Collected data entries
--------------------------------------------------

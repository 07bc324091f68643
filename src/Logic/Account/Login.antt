-- ===== src/Logic/Account/Login.antt =====
-- Who gets a session from `LoginRq`.
use nest_disk.Base.{
  ℕ, zero, suc, ◌+◌, ◌<◌, ◌≡◌, refl, ◌∙◌, ap, sym, ◌⊎◌, inl, inr, ℤ, pos, Text, text_eq,
  text_eq_iff, Bool, true, false, not, Bool-cases, Option-cases, Option, none, some, List, [], ◌∷◌,
  ◌++◌, length, stoi, bound, format, arith, if◌then◌else◌,
}
use nest_disk.Packet.{LoginRq, login_rs, password_error, login_success, max_size, def_content_size}
use nest_disk.MyMap.{insert}
use nest_disk.Env.{
  Sys, Server, Row, Out, ok, returned, fault, spent, M, after, ◌>>=◌, ◌>>◌, pure, stop, number_of,
  pop_front, sent, queried,
}
use nest_disk.Env.Rules.{sprintf-eq-ok, copy_to-eq-ok}
use nest_disk.Mysql.{push_columns, push_rows, stored, select_mysql}
use nest_disk.Logic.Account.{
  select_password, keep_session, let_in, login_reply, login_found, login_answer, login_rq,
}

-- Whatever the system answers, the piece keeps the sessions.
abbrev Keeps : {A : Type 0} → M A → Type 0
Keeps m = (sys : Sys) (s : Server) → (m sys s).1.users ≡ s.users

module _ {A B : Type 0} where
  Keeps-after :
      (r : Out A × Server) (k : A → M B) (sys : Sys)
      → ((a : A) → Keeps (k a))
      → (after r (λ a t. k a sys t)).1.users ≡ r.1.users
  Keeps-after (ok a, s) k sys h = h a sys s
  Keeps-after (returned, s) k sys h = refl
  Keeps-after (fault e, s) k sys h = refl
  Keeps-after (spent, s) k sys h = refl

  Keeps-bind : (m : M A) (k : A → M B) → Keeps m → ((a : A) → Keeps (k a)) → Keeps (m >>= k)
  Keeps-bind m k h g sys s = Keeps-after (m sys s) k sys g ∙ h sys s

push_columns-Keeps : (n : ℕ) (lst : List Text) (row : Row) → Keeps (push_columns n lst row)
unfolding push_columns
push_columns-Keeps zero lst row sys s = refl
push_columns-Keeps (suc n) lst [] sys s = refl
push_columns-Keeps (suc n) lst (none ∷ row) sys s = refl
push_columns-Keeps (suc n) lst (some c ∷ row) sys s =
    push_columns-Keeps n (lst ++ (c ∷ [])) row sys s

push_rows-Keeps : (n : ℕ) (lst : List Text) (rows : List Row) → Keeps (push_rows n lst rows)
unfolding push_rows
push_rows-Keeps n lst [] sys s = refl
push_rows-Keeps n lst (row ∷ rows) sys s =
    Keeps-bind (push_columns n lst row) (λ l. push_rows n l rows) (push_columns-Keeps n lst row)
      (λ l. push_rows-Keeps n l rows) sys s

stored-Keeps : (n : ℕ) (lst : List Text) (o : Option (List Row)) → Keeps (stored n lst o)
stored-Keeps n lst none sys s = refl
stored-Keeps n lst (some rows) sys s =
    Keeps-bind (push_rows n lst rows) (λ l. pure (true, l)) (push_rows-Keeps n lst rows)
      (λ l sys s. refl) sys s

select_mysql-Keeps : (sql : Text) (n : ℕ) (lst : List Text) → Keeps (select_mysql sql n lst)
unfolding select_mysql
select_mysql-Keeps sql n lst sys s = elim (Bool-cases (sys.mysql_query (queried sql ∷ s.trace))) [
  | inl bad ↦ rw bad refl
  | inr good ↦ rw good (
      stored-Keeps n lst (sys.mysql_store_result (queried sql ∷ s.trace)) sys
        (record s { trace = queried sql ∷ s.trace }))
]

-- The rest of the handler once the three strings are read.
abbrev check : LoginRq → ℤ → Text → ℤ → Text → M (Unit {0})
check rq fd pass id name =
    if not (text_eq rq.password pass)
    then (login_reply fd password_error (pos 0) none >> stop)
    else let_in fd id name

-- The server after a login, for the password, the id and the name that the look-up gave.
pub logged_in : LoginRq → ℤ → Text → ℤ → Text → Server → Out (Unit {0}) × Server
logged_in rq fd pass id name s =
    if text_eq rq.password pass
    then (
      ok tt,
      record {
        users = insert id (record { userid = id; clientfd = fd; name = name }) s.users;
        files = s.files;
        trace =
            sent fd (login_rs (record { result = login_success; userid = id; name = some name }))
            ∷ s.trace;
      },
    )
    else (
      returned,
      record s {
        trace =
            sent fd (login_rs (record { result = password_error; userid = pos 0; name = none }))
            ∷ s.trace;
      },
    )

check-eq :
    (rq : LoginRq) (fd : ℤ) (pass name : Text) (id : ℤ) (sys : Sys) (s : Server)
    → length name < max_size
    → check rq fd pass id name sys s ≡ logged_in rq fd pass id name s
unfolding let_in keep_session logged_in
check-eq rq fd pass name id sys s g = elim (Bool-cases (text_eq rq.password pass)) [
  | inl right ↦ rw (right, copy_to-eq-ok max_size name sys s g) refl
  | inr wrong ↦ rw wrong refl
]

login_found-eq :
    (rq : LoginRq) (fd : ℤ) (pass t name : Text) (rest : List Text) (id : ℤ) (sys : Sys)
    (s : Server)
    → stoi t ≡ some id
    → login_found rq fd (pass ∷ t ∷ name ∷ rest) sys s ≡ check rq fd pass id name sys s
unfolding login_found pop_front number_of
login_found-eq rq fd pass t name rest id sys s n = rw (n, number_of) refl

select_password-fits :
    (rq : LoginRq) → length rq.tel < max_size → bound (select_password rq) < def_content_size
unfolding nest_disk.Base.codes
select_password-fits rq h = omega arith

login_rq-select :
    (rq : LoginRq) (fd : ℤ) (sys : Sys) (s : Server)
    → length rq.tel < max_size
    → login_rq rq fd sys s
      ≡ after
          (select_mysql (format (select_password rq)) 3 [] sys s)
          (λ r t. login_answer rq fd r.1 sys t)
unfolding login_rq
login_rq-select rq fd sys s h =
    ap (λ r. after r (λ sql t. (select_mysql sql 3 [] >>= λ q. login_answer rq fd q.1) sys t))
      (sprintf-eq-ok def_content_size (select_password rq) sys s (select_password-fits rq h))

-- The look-up of the telephone number gives a password, a number and a name that fits the packet:
-- then the request with that password gets the session, under the id of the row and on the descriptor
-- it came from, with one reply of success; with another password it gets one reply of error and the
-- sessions stay.
pub login_rq_lem :
    (rq : LoginRq) (fd : ℤ) (sys : Sys) (s s' : Server) (res : Bool) (pass t name : Text)
    (rest : List Text) (id : ℤ)
    → length rq.tel < max_size
    → length name < max_size
    → stoi t ≡ some id
    → select_mysql (format (select_password rq)) 3 [] sys s ≡ (ok (res, pass ∷ t ∷ name ∷ rest), s')
    → login_rq rq fd sys s ≡ logged_in rq fd pass id name s'
unfolding login_answer
login_rq_lem rq fd sys s s' res pass t name rest id h g n e =
    login_rq-select rq fd sys s h
    ∙ ap (λ r. after r (λ q u. login_answer rq fd q.1 sys u)) e
    ∙ login_found-eq rq fd pass t name rest id sys s' n
    ∙ check-eq rq fd pass name id sys s' g

-- The piece that follows the strings keeps the sessions if the password is another one.
login_found-Keeps :
    (rq : LoginRq) (fd : ℤ) (pass : Text) (rest : List Text)
    → text_eq rq.password pass ≡ false
    → Keeps (login_found rq fd (pass ∷ rest))
unfolding login_found pop_front number_of
login_found-Keeps rq fd pass [] wrong sys s = refl
login_found-Keeps rq fd pass (t ∷ l) wrong sys s = elim (Option-cases (stoi t)) [
  | inl p ↦ rw (p, number_of) refl
  | inr (id, p) ↦ rw (p, number_of) (last id l)
]
  where
    last :
        (id : ℤ) (l : List Text)
        → ((pop_front l >>= λ q. check rq fd pass id q.0) sys s).1.users ≡ s.users
    last id [] = refl
    last id (name ∷ l) = rw wrong refl

-- A telephone number that fits the packet's array: if the sessions are not as before the request,
-- then the look-up of that number gave the request's password first.
pub login_rq-guarded :
    (rq : LoginRq) (fd : ℤ) (sys : Sys) (s : Server)
    → length rq.tel < max_size
    → ((login_rq rq fd sys s).1.users ≡ s.users)
      ⊎ ((b : Bool) × (rest : List Text) × (s' : Server) × (select_mysql
              (format (select_password rq))
              3
              []
              sys
              s
            ≡ (ok (b, rq.password ∷ rest), s')))
unfolding login_answer
login_rq-guarded rq fd sys s h = rw (login_rq-select rq fd sys s h) (
    go (select_mysql (format (select_password rq)) 3 [] sys s)
      (select_mysql-Keeps (format (select_password rq)) 3 [] sys s))
  where
    go :
        (r : Out (Bool × List Text) × Server)
        → r.1.users ≡ s.users
        → ((after r (λ q t. login_answer rq fd q.1 sys t)).1.users ≡ s.users)
          ⊎ ((b : Bool) × (rest : List Text) × (s' : Server) × (r
                ≡ (ok (b, rq.password ∷ rest), s')))
    go (ok (b, []), t) k = inl k
    go (ok (b, p ∷ rest), t) k = elim (Bool-cases (text_eq rq.password p)) [
      | inl right ↦ inr (b, rest, t, rw (sym ((text_eq_iff rq.password p).0 right)) refl)
      | inr wrong ↦ inl (login_found-Keeps rq fd p rest wrong sys t ∙ k)
    ]
    go (returned, t) k = inl k
    go (fault e, t) k = inl k
    go (spent, t) k = inl k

--------------------------------------------------

## Your assignment:
Please restate only the opening stretch of the records above: every line from the first through the one containing "Keeps-bind m k", exactly as written.

## Answer:
repository 07bc324091f68643
filename src/Logic/Account/Login.antt
-- ===== src/Logic/Account/Login.antt =====
-- Who gets a session from `LoginRq`.
use nest_disk.Base.{
  ℕ, zero, suc, ◌+◌, ◌<◌, ◌≡◌, refl, ◌∙◌, ap, sym, ◌⊎◌, inl, inr, ℤ, pos, Text, text_eq,
  text_eq_iff, Bool, true, false, not, Bool-cases, Option-cases, Option, none, some, List, [], ◌∷◌,
  ◌++◌, length, stoi, bound, format, arith, if◌then◌else◌,
}
use nest_disk.Packet.{LoginRq, login_rs, password_error, login_success, max_size, def_content_size}
use nest_disk.MyMap.{insert}
use nest_disk.Env.{
  Sys, Server, Row, Out, ok, returned, fault, spent, M, after, ◌>>=◌, ◌>>◌, pure, stop, number_of,
  pop_front, sent, queried,
}
use nest_disk.Env.Rules.{sprintf-eq-ok, copy_to-eq-ok}
use nest_disk.Mysql.{push_columns, push_rows, stored, select_mysql}
use nest_disk.Logic.Account.{
  select_password, keep_session, let_in, login_reply, login_found, login_answer, login_rq,
}

-- Whatever the system answers, the piece keeps the sessions.
abbrev Keeps : {A : Type 0} → M A → Type 0
Keeps m = (sys : Sys) (s : Server) → (m sys s).1.users ≡ s.users

module _ {A B : Type 0} where
  Keeps-after :
      (r : Out A × Server) (k : A → M B) (sys : Sys)
      → ((a : A) → Keeps (k a))
      → (after r (λ a t. k a sys t)).1.users ≡ r.1.users
  Keeps-after (ok a, s) k sys h = h a sys s
  Keeps-after (returned, s) k sys h = refl
  Keeps-after (fault e, s) k sys h = refl
  Keeps-after (spent, s) k sys h = refl

  Keeps-bind : (m : M A) (k : A → M B) → Keeps m → ((a : A) → Keeps (k a)) → Keeps (m >>= k)
  Keeps-bind m k h g sys s = Keeps-after (m sys s) k sys g ∙ h sys s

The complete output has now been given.